Time heals all. Wounds heal, both my wounds and the wounds of those around me. There are people who I, to this day, have not gotten a chance to thank – never got the chance to thank for supporting me even when I had not treated them with the love they deserved. To thank them for saving my life.

Almost four months have passed since receiving a clean bill of health and the whole experience seems worlds away. I feel stronger and healthier than I ever have, mentally, physically and spiritually. I have been taking a full course load at UFV in the winter semester and, as of last week, I officially recommitted to the Cascades varsity basketball program. I feel a new perspective on life. This experience has given me the opportunity to view the world differently. This experience, as terrible as it has been, has given me a new, brighter outlook on life. Optimism runs high in my life. It is surreal for me to look back at the past year of my life and realize I did the things I did.  Life is a strange and beautiful thing.

Learning from experience

I realize that the only way to set any of this right is to share my story and do my part in tackling the stigma surrounding mental illness. We live in a world where mental health is not regarded as a tangible and “real” sickness.

It would have taken tremendous courage for me to speak out about what I was experiencing at the time of it occurring. That was courage I could not find. I was a coward, unable to ask for help in the early stages while I still could. Initially I did not want to speak out about what had occurred in my life over the last year. I had recovered and had found happiness in my life again after so long, why revisit something so painful? The truth is that hiding this would be the easy way out.

Being mentally ill is not something to be ashamed of. The only way we can overcome this sickness is to speak out about it. Overcoming the stigma that comes with mental health is the first step to eliminating it from our world.

I think back to the initial stages of my illness. What if I had  understood what was happening in me before I became too wound up in it? What if I had found the courage to come forward before I slid too deep?

This is my motivation to share my story. Mental health issues are a taboo topic in our society. People do not find it to be a comfortable topic to speak on. People that are willing to step forward and discuss mental health are something our society sorely needs.

The sad fact is that many university students suffer from a  mental disorders on some level throughout their university years.

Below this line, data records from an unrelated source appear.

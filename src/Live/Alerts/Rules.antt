-- ===== src/Live/Alerts/Rules.antt =====
-- The custom rules of oad_parser/live/alerts.py: the test of a condition, and the alerts of the rules.
use oad_parser.Common.{
  Option, none, some, List, [], ◌∷◌, Bool, true, false, not, ◌&&◌, ◌||◌, ◌==◌, ℕ, ◌+◌, map,
  if◌then◌else◌,
}
use oad_parser.Common.Text.{Text, codes, starts_with}
use oad_parser.Common.Dict.{equals_text, lookup}
use oad_parser.Common.Value.{
  Value, null, boolean, text, sequence, mapping, Items, done, item, Fields, end, field, Python, get,
  has_key, items_of, str, equals_key, mappings,
}
use oad_parser.Detect.Record.{Floats}
use oad_parser.Live.Alerts.Taxonomy.{alert_fields}
use oad_parser.Live.Alerts.Config.{
  Numbers, CustomOperator, equals, not_equals, greater_than, greater_than_or_equal, less_than,
  less_than_or_equal, contains, does_not_contain, exists, does_not_exist, in_list, not_in_list,
  CustomAlertCondition, Logic, all_of, any_of, CustomAlertRule, EcgAlertConfig,
}

abbrev size_of : Fields → ℕ
size_of end = 0
size_of (field k v d) = 1 + size_of d

-- `==` between any values: of lists by their elements, of dictionaries by their keys.
unfoldable mutual
  equals_value : Value → Value → Bool
  equals_value (sequence xs) (sequence ys) = equals_items xs ys
  equals_value (sequence xs) w = false
  equals_value (mapping d) (mapping e) = (size_of d == size_of e) && equals_fields d e
  equals_value (mapping d) w = false
  equals_value v w = equals_key v w

  equals_items : Items → Items → Bool
  equals_items done done = true
  equals_items done (item w ys) = false
  equals_items (item v xs) done = false
  equals_items (item v xs) (item w ys) = equals_value v w && equals_items xs ys

  equals_fields : Fields → Fields → Bool
  equals_fields end e = true
  equals_fields (field k v d) e = has_key k e && equals_value v (get k e) && equals_fields d e

-- `part in text`
unfoldable pub has_part : Text → Text → Bool
has_part part [] = starts_with [] part
has_part part (c ∷ t) = starts_with (c ∷ t) part || has_part part t

unfoldable pub field_aliases : List (Text × Text)
field_aliases =
    (codes "observer.ingress.interface", codes "interface")
    ∷ (codes "source.ip", codes "source_ip")
    ∷ (codes "destination.ip", codes "destination_ip")
    ∷ (codes "source.port", codes "source_port")
    ∷ (codes "destination.port", codes "destination_port")
    ∷ (codes "network.bytes", codes "network_bytes")
    ∷ (codes "udp.length", codes "udp_length")
    ∷ (codes "udp.payload.length", codes "udp_payload_length")
    ∷ (codes "udp.checksum.valid", codes "udp_checksum_valid")
    ∷ (codes "udp.checksum.value_hex", codes "udp_checksum_hex")
    ∷ (codes "ecg.frame.length.claimed", codes "ecg_frame_length_claimed")
    ∷ (codes "ecg.frame.length.expected", codes "ecg_frame_length_expected")
    ∷ (codes "ecg.frame.length_valid", codes "ecg_frame_length_valid")
    ∷ (codes "ecg.artcc", codes "artcc")
    ∷ (codes "ecg.outer_message.code", codes "ecg_message")
    ∷ (codes "ecg.outer_message.name", codes "outer_message_name")
    ∷ (codes "cd2.site.id", codes "site_id")
    ∷ (codes "cd2.message.code", codes "message_code")
    ∷ (codes "cd2.message.name", codes "message")
    ∷ (codes "cd2.sequence", codes "sequence")
    ∷ (codes "cd2.channel", codes "channel")
    ∷ (codes "cd2.channel_raw_byte", codes "channel_raw_byte")
    ∷ (codes "ecg.router.timestamp_sec", codes "router_timestamp")
    ∷ (codes "cd2.radar.timestamp_sec", codes "radar_timestamp")
    ∷ (codes "radar.subtypes", codes "radar_subtypes")
    ∷ (codes "radar.range_nm", codes "range_nm")
    ∷ (codes "radar.acp", codes "acp")
    ∷ (codes "radar.azimuth_degrees", codes "azimuth_degrees")
    ∷ (codes "radar.mode_3_code", codes "mode_3_code")
    ∷ (codes "radar.altitude_feet", codes "altitude_feet")
    ∷ (codes "hash.payload.sha256", codes "hash_payload_sha256")
    ∷ (codes "hash.message.sha256", codes "hash_message_sha256")
    ∷ (codes "ecg.fingerprint", codes "fingerprint")
    ∷ (codes "parser.validation.accepted", codes "parser_validation_accepted")
    ∷ (codes "parser.validation.drop_reason", codes "parser_validation_drop_reason")
    ∷ (codes "parser.validation.warnings", codes "parse_warnings")
    ∷ (codes "security.sequence.delta", codes "sequence_delta")
    ∷ []

abbrev present : Value → Option Value
present null = none
present v = some v

abbrev under_alias : Option Text → Fields → Option Value
under_alias none record' = none
under_alias (some alias) record' = present (get alias record')

abbrev or_else : Option Value → Option Value → Option Value
or_else (some v) second = some v
or_else none second = second

-- A value that is there and not `None`, under the name or its alias.
unfoldable pub record_field_value : Fields → Text → Option Value
record_field_value record' name =
    or_else (present (get name record')) (under_alias (lookup name field_aliases) record')

unfoldable pub values_equal : Python → Value → Value → Bool
unfolding equals_value
values_equal py actual expected =
    equals_value actual expected || equals_text (str py actual) (str py expected)

abbrev any_equal : Python → Value → List Value → Bool
any_equal py actual [] = false
any_equal py actual (v ∷ vs) = values_equal py actual v || any_equal py actual vs

-- `expected if isinstance(expected, list) else []`
abbrev list_or_empty : Value → List Value
list_or_empty (sequence vs) = items_of vs
list_or_empty _ = []

abbrev pub operator_name : CustomOperator → Text
operator_name equals = codes "equals"
operator_name not_equals = codes "not_equals"
operator_name greater_than = codes "greater_than"
operator_name greater_than_or_equal = codes "greater_than_or_equal"
operator_name less_than = codes "less_than"
operator_name less_than_or_equal = codes "less_than_or_equal"
operator_name contains = codes "contains"
operator_name does_not_contain = codes "does_not_contain"
operator_name exists = codes "exists"
operator_name does_not_exist = codes "does_not_exist"
operator_name in_list = codes "in_list"
operator_name not_in_list = codes "not_in_list"

abbrev logic_name : Logic → Text
logic_name all_of = codes "ALL"
logic_name any_of = codes "ANY"

abbrev all_true : List Bool → Bool
all_true [] = true
all_true (b ∷ bs) = b && all_true bs

abbrev any_true : List Bool → Bool
any_true [] = false
any_true (b ∷ bs) = b || any_true bs

abbrev matched : Logic → List Bool → Bool
matched all_of matches = all_true matches
matched any_of matches = any_true matches

abbrev or_default_details : Text → Text
or_default_details [] = codes "Custom alert rule matched."
or_default_details (c ∷ t) = c ∷ t

module _ (py : Python) (fs : Floats) (n : Numbers fs) where
  unfoldable pub as_float : Value → Option fs.Float
  as_float null = none
  as_float v = n.float_of v

  abbrev numbers_hold : (fs.Float → fs.Float → Bool) → Option fs.Float → Option fs.Float → Bool
  numbers_hold test (some a) (some b) = test a b
  numbers_hold test (some a) none = false
  numbers_hold test none b = false

  abbrev value_matches : CustomOperator → Value → Value → Bool
  value_matches equals actual expected = values_equal py actual expected
  value_matches not_equals actual expected = not (values_equal py actual expected)
  value_matches contains actual expected = has_part (str py expected) (str py actual)
  value_matches does_not_contain actual expected = not (has_part (str py expected) (str py actual))
  value_matches in_list actual expected = any_equal py actual (list_or_empty expected)
  value_matches not_in_list actual expected = not (any_equal py actual (list_or_empty expected))
  value_matches greater_than actual expected =
      numbers_hold (λ a b. fs.lt b a) (as_float actual) (as_float expected)
  value_matches greater_than_or_equal actual expected =
      numbers_hold (λ a b. fs.le b a) (as_float actual) (as_float expected)
  value_matches less_than actual expected =
      numbers_hold (λ a b. fs.lt a b) (as_float actual) (as_float expected)
  value_matches less_than_or_equal actual expected =
      numbers_hold (λ a b. fs.le a b) (as_float actual) (as_float expected)
  value_matches exists actual expected = true
  value_matches does_not_exist actual expected = false

  -- Of a field that is not there, only `does_not_exist` holds.
  abbrev found_matches : CustomOperator → Option Value → Value → Bool
  found_matches does_not_exist none expected = true
  found_matches operator none expected = false
  found_matches operator (some actual) expected = value_matches operator actual expected

  unfoldable pub condition_matches : Fields → CustomAlertCondition → Bool
  condition_matches record' condition =
      found_matches condition.operator (record_field_value record' condition.field_name)
        condition.value

  abbrev condition_fields : CustomAlertCondition → Bool → Fields
  condition_fields condition holds = field (codes "field") (text condition.field_name) (
      field (codes "operator") (text (operator_name condition.operator))
        (field (codes "matched") (boolean holds) end))

  abbrev rule_evidence : Fields → CustomAlertRule → Fields
  rule_evidence record' rule = field (codes "logic") (text (logic_name rule.logic)) (
      field (codes "conditions")
        (sequence
          (mappings (map (λ c. condition_fields c (condition_matches record' c)) rule.conditions)))
        end)

  abbrev pub rule_alert : Fields → CustomAlertRule → Fields
  rule_alert record' rule =
      alert_fields rule.id rule.name rule.severity (codes "custom")
        (or_default_details rule.description) (rule_evidence record' rule) end

  abbrev pub rule_applies : Fields → CustomAlertRule → Bool
  rule_applies record' rule =
      rule.enabled && matched rule.logic (map (condition_matches record') rule.conditions)

  unfoldable pub rule_alerts : Fields → List CustomAlertRule → List Fields
  rule_alerts record' [] = []
  rule_alerts record' (rule ∷ rules) =
      let rest = rule_alerts record' rules in
      if rule_applies record' rule then rule_alert record' rule ∷ rest else rest

  unfoldable pub custom_rule_alerts : Fields → EcgAlertConfig fs → List Fields
  custom_rule_alerts record' config = rule_alerts record' config.custom_rules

Suffering in silence is not the answer. If we do not speak out about this issue it will never be addressed.

Everyone has a part to play. The recognition that mental health issues are all around us is desperately needed. It is something that as a university population and a society as a whole we have done a poor job of making a priority.

To address the stigma surrounding mental health is a monumental task. But it starts with each and every individual. Do your part. Talk about it.

This is me, doing mine.

“Everybody accepts that when we have a physical injury our body needs time to heal and we cannot function in the same ways until we have healed.  Unfortunately, our culture/society does not accept or view the psychological systems in the same way … The result of this is that negative and unhealthy stereotypes develop around these ‘psychological injuries’ .

First, we are reluctant to acknowledge the psychological system and thus deny that an ‘injury’ has occurred. This leads to not accepting that healing and recovery is needed within these systems just as healing and recovery is needed on all other human systems.”